Maintenant c'est Gentoo pawaaa!   :Wink: 

depuis un peu plus de 2 ans maintenant. J'y suis, j'y reste!

souple, optimisable, utilisable dans toutes sortes de cas 

(machine bureau, serveur, routeur, passerelle, vieux pc...enfin tout quoi! même machine à café!)

et surtout : TRES bon esprit!   :Mr. Green: 

----------

## gulivert

Pareil pour moi, avant Slackware, pendant un peu plus d'un an.

Ce que j'aime avec la gentoo, c'est "emerge", trop de la bal ce truc y a pas à chier, le fait qu'on

compile pour l'architecture de notre pc (avec les dép voulu), la docs dispo via le site francophone, le wiki

et le forum's (j'amais vu autant de doc aussi bien faites que ça pour une disto avant ça).

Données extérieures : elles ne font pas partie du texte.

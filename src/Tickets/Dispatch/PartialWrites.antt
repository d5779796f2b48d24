-- ===== src/Tickets/Dispatch/PartialWrites.antt =====
-- `assign` and `reject` of backend/src/ticketing/tickets/tickets.service.ts write before they ask the
-- state machine, and outside of a transaction.
use proman_edge_ace.Prelude.{
  ℕ, ◌+◌, ◌≡◌, ◌≢◌, refl, sym, ap, ◌∙◌, inl, inr, String, false, none, some, arith, includes,
  some_inj,
}
use mathlib.Core.Path.{subst}
use proman_edge_ace.Prelude.Dict.{lookup, lookup-modify_self}
use proman_edge_ace.Domain.Ticketing.{«open», assigned, engineer_assigned, ticket_status_eq}
use proman_edge_ace.Domain.People.{engineer, role_eq}
use proman_edge_ace.Schema.{Db, Ticket, User, Customer}
use proman_edge_ace.Env.{Env}
use proman_edge_ace.Action.{err, Error}
use proman_edge_ace.Store.{put_tickets}
use proman_edge_ace.Workflow.{TransitionParams, transition, ticket_transitions}
use proman_edge_ace.Workflow.Rules.{IsAllowed, transition_outcome}
use proman_edge_ace.Tickets.Labels.{RequestUser}
use proman_edge_ace.Tickets.Announce.{Related, rows_of}
use proman_edge_ace.Tickets.Dispatch.{
  assign, assign_engineer, with_engineer, assign_params, reject, hand_back, hand_back_params,
  rejected, count_rejection,
}
use proman_edge_ace.Tickets.Dispatch.Escalation.{reject-read}

-- No edge, no transition.
refused_without_edge :
    (p : TransitionParams) (env : Env) (db : Db) (t : Ticket)
    → lookup p.ticket_id db.tickets ≡ some t
    → includes (ticket_transitions t.status).next p.target_status ≡ false
    → (e : Error) × (transition p env db ≡ (err e, db))
refused_without_edge p env db t found no_edge = elim (transition_outcome p env db) [
  | inl (u, found', a, _) ↦
      absurd (no (subst (λ r. IsAllowed r p) (some_inj (sym found' ∙ found)) a))
  | inr (_, failed) ↦ failed
]
  where
    no : ¬ IsAllowed t p
    no a = let edge = a.edge in cc

hand_back-refused :
    (id : ℕ) (reason : String) (actor : RequestUser) (t : Ticket) (r : Related) (count : ℕ)
    (env : Env) (db : Db) (e : Error)
    → transition (hand_back_params id reason actor r) env db ≡ (err e, db)
    → hand_back id reason actor t r count env db ≡ (err e, db)
unfolding hand_back
hand_back-refused id reason actor t r count env db e threw = ground arith

counted :
    (now : ℕ) (reason : String) (actor : RequestUser) (t : Ticket)
    → (rejected now reason actor t t).rejections.rejection_count ≡ t.rejections.rejection_count + 1
unfolding rejected count_rejection
counted now reason actor t = ground arith

unassigned :
    (now : ℕ) (reason : String) (actor : RequestUser) (t : Ticket)
    → (rejected now reason actor t t).assigned_engineer_id ≡ none
unfolding rejected
unassigned now reason actor t = refl

-- A rejection of a ticket on file, of a customer on file, in a status that has no way back to
-- ASSIGNED throws; but the rejection counts, and the ticket has lost its engineer.
pub failed_rejection_counts :
    (id : ℕ) (reason : String) (actor : RequestUser) (env : Env) (db : Db) (t : Ticket)
    (c : Customer)
    → lookup id db.tickets ≡ some t
    → lookup t.customer_id db.customers ≡ some c
    → includes (ticket_transitions t.status).next assigned ≡ false
    → (e : Error) × (u : Ticket) × (((reject id reason actor env db).0 ≡ err e)
        × (lookup id (reject id reason actor env db).1.tickets ≡ some u)
        × (u.rejections.rejection_count ≡ t.rejections.rejection_count + 1)
        × (u.assigned_engineer_id ≡ none))
unfolding rejected
failed_rejection_counts id reason actor env db t c found known no_edge =
    let f = rejected env.now reason actor t in
    let r = rows_of db t c in
    let n = t.rejections.rejection_count + 1 in
    let found1 = lookup-modify_self id f db.tickets t found in
    let (e, threw) =
      refused_without_edge (hand_back_params id reason actor r) env (put_tickets id f db) (f t)
        found1 no_edge in
    let same =
      reject-read id reason actor env db t c found known
      ∙ hand_back-refused id reason actor t r n env (put_tickets id f db) e threw in
    (
      e,
      f t,
      (
        ap (λ x. x.0) same,
        ap (λ x. lookup id x.1.tickets) same ∙ found1,
        counted env.now reason actor t,
        unassigned env.now reason actor t,
      ),
    )

assign-refused :
    (id engineer_id : ℕ) (actor : RequestUser) (env : Env) (db : Db) (t : Ticket) (eng : User)
    (e : Error)
    → lookup engineer_id db.users ≡ some eng
    → eng.role ≡ engineer
    → lookup id db.tickets ≡ some t
    → t.rejections.escalated_multiple_rejections ≡ false
    → t.status ≢ «open»
    → transition (assign_params id eng actor) env (put_tickets id (with_engineer engineer_id) db)
      ≡ (err e, put_tickets id (with_engineer engineer_id) db)
    → assign id engineer_id actor env db ≡ (err e, put_tickets id (with_engineer engineer_id) db)
unfolding assign assign_engineer
assign-refused id engineer_id actor env db t eng e who role found calm busy threw = ground arith

-- Assigning an engineer to a ticket on file that is not escalated, and in a status other than
-- OPEN from which ENGINEER_ASSIGNED cannot be reached, throws; the status stays, but the ticket
-- has the new engineer.
pub failed_assignment_writes :
    (id engineer_id : ℕ) (actor : RequestUser) (env : Env) (db : Db) (t : Ticket) (eng : User)
    → lookup engineer_id db.users ≡ some eng
    → eng.role ≡ engineer
    → lookup id db.tickets ≡ some t
    → t.rejections.escalated_multiple_rejections ≡ false
    → t.status ≢ «open»
    → includes (ticket_transitions t.status).next engineer_assigned ≡ false
    → (e : Error) × (u : Ticket) × (((assign id engineer_id actor env db).0 ≡ err e)
        × (lookup id (assign id engineer_id actor env db).1.tickets ≡ some u)
        × (u.status ≡ t.status)
        × (u.assigned_engineer_id ≡ some engineer_id))
failed_assignment_writes id engineer_id actor env db t eng who role found calm busy no_edge =
    let found1 = lookup-modify_self id (with_engineer engineer_id) db.tickets t found in
    let (e, threw) =
      refused_without_edge (assign_params id eng actor) env
        (put_tickets id (with_engineer engineer_id) db) (with_engineer engineer_id t) found1
        no_edge in
    let same = assign-refused id engineer_id actor env db t eng e who role found calm busy threw in
    (
      e,
      with_engineer engineer_id t,
      (ap (λ x. x.0) same, ap (λ x. lookup id x.1.tickets) same ∙ found1, refl, refl),
    )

Le fait que les pacquages soient patché par divers patchs, la stablilité - rapidité etc..... le fait qu'elle soit bien bidouillable et finalement j'adore ça gestion ..

Ce que j'aime moin, l'installation (rébarbative pour un noob et un peu longue). Certainement le prix a payer pour une disto de cette classe. Le fait d'attendre 10minutes pour l'install d'un petit pacquet, et vi la compilation, sa prend du temps ...

Sinon "I love Gentooooooooooo"  :Very Happy: 

----------

## lmarcini

Les points positifs de Gentoo ?

- portage

- des paquets quasi up-to-date

- les mix entre x86 et ~x86

- une très bonne organisation interne de la distrib

- une très bonne doc

- un très bon forum avec un très bon esprit.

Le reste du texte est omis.